Data shown Block Start

-- ===== src/Peppol/Build/Signing.antt =====
-- The references of the signature of a built message, and the signature:
-- as4/profiles/peppol/message.py.
use as_lib.Base.{String, ◌<>◌, none, some, List, [], ◌∷◌, string_eq, option_eq}
use as_lib.Base.Dict.{Dict}
use as_lib.Platform.{Bytes}
use as_lib.Outcome.{Result, ok, ◌>>=◌}
use as_lib.Environment.{Environment}
use as_lib.Models.Reference.{Reference}
use as_lib.Models.Signature.{Signature, SignedInfo}
use as_lib.Models.Soap.{Body}
use as_lib.Models.Messaging.{Messaging}
use as_lib.Dsig.{
  attachment_content_signature, digest_sha256, exclusive_c14n, for_bytes, for_element,
}
use as_lib.Dsig.Verify.{signed_info_canonicalized}
use as_lib.Documents.{x509v3}
use as_lib.Parties.{As4InternalParty}
use as_lib.References.{As4References}
use as_lib.Serialise.{dump_body, dump_signed_info}
use as_lib.Serialise.UserMessages.{dump_messaging}
use as_lib.Peppol.Build.{Supplies}
use as_lib.Peppol.Build.Security.{key_info_of}

module _ (env : Environment) (s : Supplies) where
  unfoldable pub get_messaging_digest_reference : As4References → Messaging → Result Reference
  unfolding for_element dump_messaging
  get_messaging_digest_reference references messaging =
      for_element env.crypto env.xml.c14n ("#" <> references.messaging_id)
        (dump_messaging s.moment.isoformat messaging) digest_sha256

  unfoldable pub get_body_digest_reference : As4References → Body → Result Reference
  unfolding for_element dump_body
  get_body_digest_reference references body =
      for_element env.crypto env.xml.c14n ("#" <> references.body_id)
        (dump_body "{http://www.w3.org/2003/05/soap-envelope}Body" body) digest_sha256

  unfoldable pub get_payload_digest_reference : String × Bytes → Result Reference
  unfolding for_bytes
  get_payload_digest_reference (attachment_id, compressed_payload) =
      for_bytes env.crypto env.xml.c14n ("cid:" <> attachment_id) compressed_payload digest_sha256
        attachment_content_signature

  unfoldable pub get_payload_digest_references : Dict Bytes → Result (List Reference)
  unfolding get_payload_digest_reference
  get_payload_digest_references [] = ok []
  get_payload_digest_references (entry ∷ rest) = do
    first ← get_payload_digest_reference entry
    others ← get_payload_digest_references rest
    ok (first ∷ others)

  -- The `etree_element` is set by `get_signature`, from the dump of the rest.
  unfoldable pub get_signed_info : As4References → Messaging → Body → Dict Bytes → Result SignedInfo
  unfolding get_messaging_digest_reference get_body_digest_reference get_payload_digest_references
  get_signed_info references messaging body compressed_payloads = do
    first ← get_messaging_digest_reference references messaging
    second ← get_body_digest_reference references body
    payloads ← get_payload_digest_references compressed_payloads
    ok (record {
      etree_element = none;
      canonicalization_method = record { etree_element = none; algorithm = some exclusive_c14n };
      signature_method = record { algorithm = "http://www.w3.org/2001/04/xmldsig-more#rsa-sha256" };
      references = first ∷ second ∷ payloads;
      id = none;
    })

  -- `SignatureValue` decodes the text that it is given.
  unfoldable pub get_signature : As4InternalParty → As4References → SignedInfo → Signature
  unfolding dump_signed_info signed_info_canonicalized
  get_signature local_party references i =
      let dumped = record i {
        etree_element = some (dump_signed_info "{http://www.w3.org/2000/09/xmldsig#}SignedInfo" i);
      } in
      let signature_bytes =
        local_party.credentials.private_key.sign
          (signed_info_canonicalized env.crypto env.xml.c14n dumped) in
      record {
        signed_info = dumped;
        signature_value = record {
          value = env.crypto.b64decode (env.crypto.b64encode signature_bytes);
          id = none;
        };
        key_info = key_info_of (some references.key_info_id) (record {
          security_token_reference_id = some references.signature_security_token_reference_id;
          usage = "";
          reference = record {
            uri = some ("#" <> references.signature_bst_id);
            value_type = some x509v3;
          };
          token_type = none;
        });
        object_value = [];
        signature_id = some references.signature_id;
      }
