-- ===== src/Sim/Results.antt =====
-- The loop that reads the results of a script back, when every output has a value of its kind.
use profi_lua.Base.{
  ℕ, zero, suc, ◌+◌, ◌≤◌, ◌<◌, ◌≡◌, refl, ap, ◌∙◌, fun_ext, Bool, true, false, not, ◌&&◌, Option,
  none, some, List, ◌∷◌, ltb, leb, ◌==◌, if◌then◌else◌, arith, ok, Bool-cases, inl, inr, Run,
}
use profi_lua.Lua.{Lua, Value, Number}
use profi_lua.Lua.Stack.{Pushed, value}
use profi_lua.Sim.State.{Script, Vm, Sim}
use profi_lua.Sim.Vm.{number_of, string_of}
use profi_lua.Sim.Script.{c_string, change}
use profi_lua.Sim.Outputs.{read_outputs}

-- The index is one of the `count` from `i` on.
abbrev pub within : (i count m : ℕ) → Bool
within i count m = leb i m && ltb m (i + count)

abbrev pub or_old : {A B : Type 0} → (B → A) → A → Option B → A
or_old h old none = old
or_old h old (some x) = h x

module _ {A B : Type 0} (h : B → A) (chosen : ℕ → Bool) (r : ℕ → Option B) where
  -- The chosen elements of an array, of the `count` from `i` on, get new values where there are any.
  abbrev pub updated : (i count : ℕ) → (ℕ → A) → ℕ → A
  updated i count old m = if within i count m && chosen m then or_old h (old m) (r m) else old m

  pub updated-zero : (i : ℕ) (old : ℕ → A) (m : ℕ) → old m ≡ updated i 0 old m
  updated-zero i old m = ground arith

  pub updated-hit :
      (i count : ℕ) (old : ℕ → A) (x : B) (m : ℕ)
      → chosen i ≡ true
      → r i ≡ some x
      → updated (suc i) count (change old i (h x)) m ≡ updated i (suc count) old m
  updated-hit i count old x m c e = elim (Bool-cases (m == i)) [
    | inl t ↦ let same : m ≡ i = ground arith in rw (t, same, c, e) (ground arith)
    | inr f ↦ rw f (ground arith)
  ]

  pub updated-miss :
      (i count : ℕ) (old : ℕ → A) (m : ℕ)
      → chosen i ≡ false
      → updated (suc i) count old m ≡ updated i (suc count) old m
  updated-miss i count old m c = elim (Bool-cases (m == i)) [
    | inl t ↦ let same : m ≡ i = ground arith in rw (same, c) (ground arith)
    | inr f ↦ ground arith
  ]

module _ {W : Type 0} (lua : Lua) (script : Script W) (t : ℕ) (w : W) where
  abbrev pub result : ℕ → Pushed
  result m = value (script.entry t m w)

  -- An output marked by '$' gets a string, and any other a number.
  abbrev pub Fits : (marked : Bool) → ℕ → Type 0
  Fits true m = (str : List ℕ) × (string_of lua (result m) ≡ some str)
  Fits false m = (n : Number) × (number_of lua (result m) ≡ some n)

  -- The outputs from `i` on get the entries of the table, each by its kind.
  abbrev pub new_outputs : (i count : ℕ) → Sim W → ℕ → Number
  new_outputs i count s =
      updated (λ n. n) (λ m. not (s.out_marker m)) (λ m. number_of lua (result m)) i count s.output

  abbrev pub new_strings : (i count : ℕ) → Sim W → ℕ → List ℕ
  new_strings i count s =
      updated c_string s.out_marker (λ m. string_of lua (result m)) i count s.strings

  -- The outputs from `i` on get the entries of the table, each by its kind.
  abbrev pub read_back : (i count : ℕ) → Sim W → Sim W
  read_back i count s = record s { output = new_outputs i count s; strings = new_strings i count s }

  abbrev pub vm : List Pushed → Option (Vm W)
  vm rest = some (record { stack = value (Value.table t) ∷ rest; world = w })

  pub same_state :
      (s : Sim W) (l l' : Option (Vm W)) {o o' : ℕ → Number} {z z' : ℕ → List ℕ}
      → l ≡ l'
      → ((m : ℕ) → o m ≡ o' m)
      → ((m : ℕ) → z m ≡ z' m)
      → Path
          (Run (Sim W) (Unit {0}))
          (ok tt (record s { lua = l; output = o; strings = z }))
          (ok tt (record s { lua = l'; output = o'; strings = z' }))
  same_state s l l' el eo ez = rw (el, fun_ext eo, fun_ext ez)

  -- The table's entries from `i` on are read into the outputs, and the stack is as before.
  pub read_outputs-read_back :
      (count i : ℕ) (s : Sim W) (rest : List Pushed)
      → s.lua ≡ vm rest
      → i + count ≤ 100
      → ((m : ℕ) → i ≤ m → m < i + count → Fits (s.out_marker m) m)
      → read_outputs lua script count i s ≡ ok tt (read_back i count s)
  unfolding read_outputs
  read_outputs-read_back zero i s rest is_open bound fits =
      same_state s s.lua s.lua refl
        (updated-zero (λ n. n) (λ m. not (s.out_marker m)) (λ m. number_of lua (result m)) i
          s.output)
        (updated-zero c_string s.out_marker (λ m. string_of lua (result m)) i s.strings)
  read_outputs-read_back (suc count) i s rest is_open bound fits =
      let lt : ltb i 100 ≡ true = ground arith in
      let later : (m : ℕ) → suc i ≤ m → m < suc i + count → Fits (s.out_marker m) m =
        λ m from to. fits m (omega arith) (omega arith) in
      elim (Bool-cases (s.out_marker i)) [
        | inl is ↦
            let (str, f) : Fits true i = rw is at (fits i (omega arith) (omega arith)) in
            rw (is_open, lt, is, f)
              (read_outputs-read_back count (suc i)
                  (record s { lua = vm rest; strings = change s.strings i (c_string str) }) rest
                  refl (omega arith) later
                ∙ same_state s (vm rest) (vm rest) refl
                    (λ m.
                      updated-miss (λ n. n) (λ m. not (s.out_marker m))
                        (λ m. number_of lua (result m)) i count s.output m (ap not is))
                    (λ m.
                      updated-hit c_string s.out_marker (λ m. string_of lua (result m)) i count
                        s.strings str m is f))
        | inr is_not ↦
            let (n, f) : Fits false i = rw is_not at (fits i (omega arith) (omega arith)) in
            rw (is_open, lt, is_not, f)
              (read_outputs-read_back count (suc i)
                  (record s { lua = vm rest; output = change s.output i n }) rest refl (omega arith)
                  later
                ∙ same_state s (vm rest) (vm rest) refl
                    (λ m.
                      updated-hit (λ n. n) (λ m. not (s.out_marker m))
                        (λ m. number_of lua (result m)) i count s.output n m (ap not is_not) f)
                    (λ m.
                      updated-miss c_string s.out_marker (λ m. string_of lua (result m)) i count
                        s.strings m is_not))
      ]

Data shown Block End

Exercise instructions - The lines to copy run from the first line of the entries to the line containing "get_payload_digest_reference (attachment_id, compressed_payload)"; copy them exactly and output nothing else.

Solved exercise -
-- ===== src/Peppol/Build/Signing.antt =====
-- The references of the signature of a built message, and the signature:
-- as4/profiles/peppol/message.py.
use as_lib.Base.{String, ◌<>◌, none, some, List, [], ◌∷◌, string_eq, option_eq}
use as_lib.Base.Dict.{Dict}
use as_lib.Platform.{Bytes}
use as_lib.Outcome.{Result, ok, ◌>>=◌}
use as_lib.Environment.{Environment}
use as_lib.Models.Reference.{Reference}
use as_lib.Models.Signature.{Signature, SignedInfo}
use as_lib.Models.Soap.{Body}
use as_lib.Models.Messaging.{Messaging}
use as_lib.Dsig.{
  attachment_content_signature, digest_sha256, exclusive_c14n, for_bytes, for_element,
}
use as_lib.Dsig.Verify.{signed_info_canonicalized}
use as_lib.Documents.{x509v3}
use as_lib.Parties.{As4InternalParty}
use as_lib.References.{As4References}
use as_lib.Serialise.{dump_body, dump_signed_info}
use as_lib.Serialise.UserMessages.{dump_messaging}
use as_lib.Peppol.Build.{Supplies}
use as_lib.Peppol.Build.Security.{key_info_of}

module _ (env : Environment) (s : Supplies) where
  unfoldable pub get_messaging_digest_reference : As4References → Messaging → Result Reference
  unfolding for_element dump_messaging
  get_messaging_digest_reference references messaging =
      for_element env.crypto env.xml.c14n ("#" <> references.messaging_id)
        (dump_messaging s.moment.isoformat messaging) digest_sha256

  unfoldable pub get_body_digest_reference : As4References → Body → Result Reference
  unfolding for_element dump_body
  get_body_digest_reference references body =
      for_element env.crypto env.xml.c14n ("#" <> references.body_id)
        (dump_body "{http://www.w3.org/2003/05/soap-envelope}Body" body) digest_sha256

  unfoldable pub get_payload_digest_reference : String × Bytes → Result Reference
  unfolding for_bytes
  get_payload_digest_reference (attachment_id, compressed_payload) =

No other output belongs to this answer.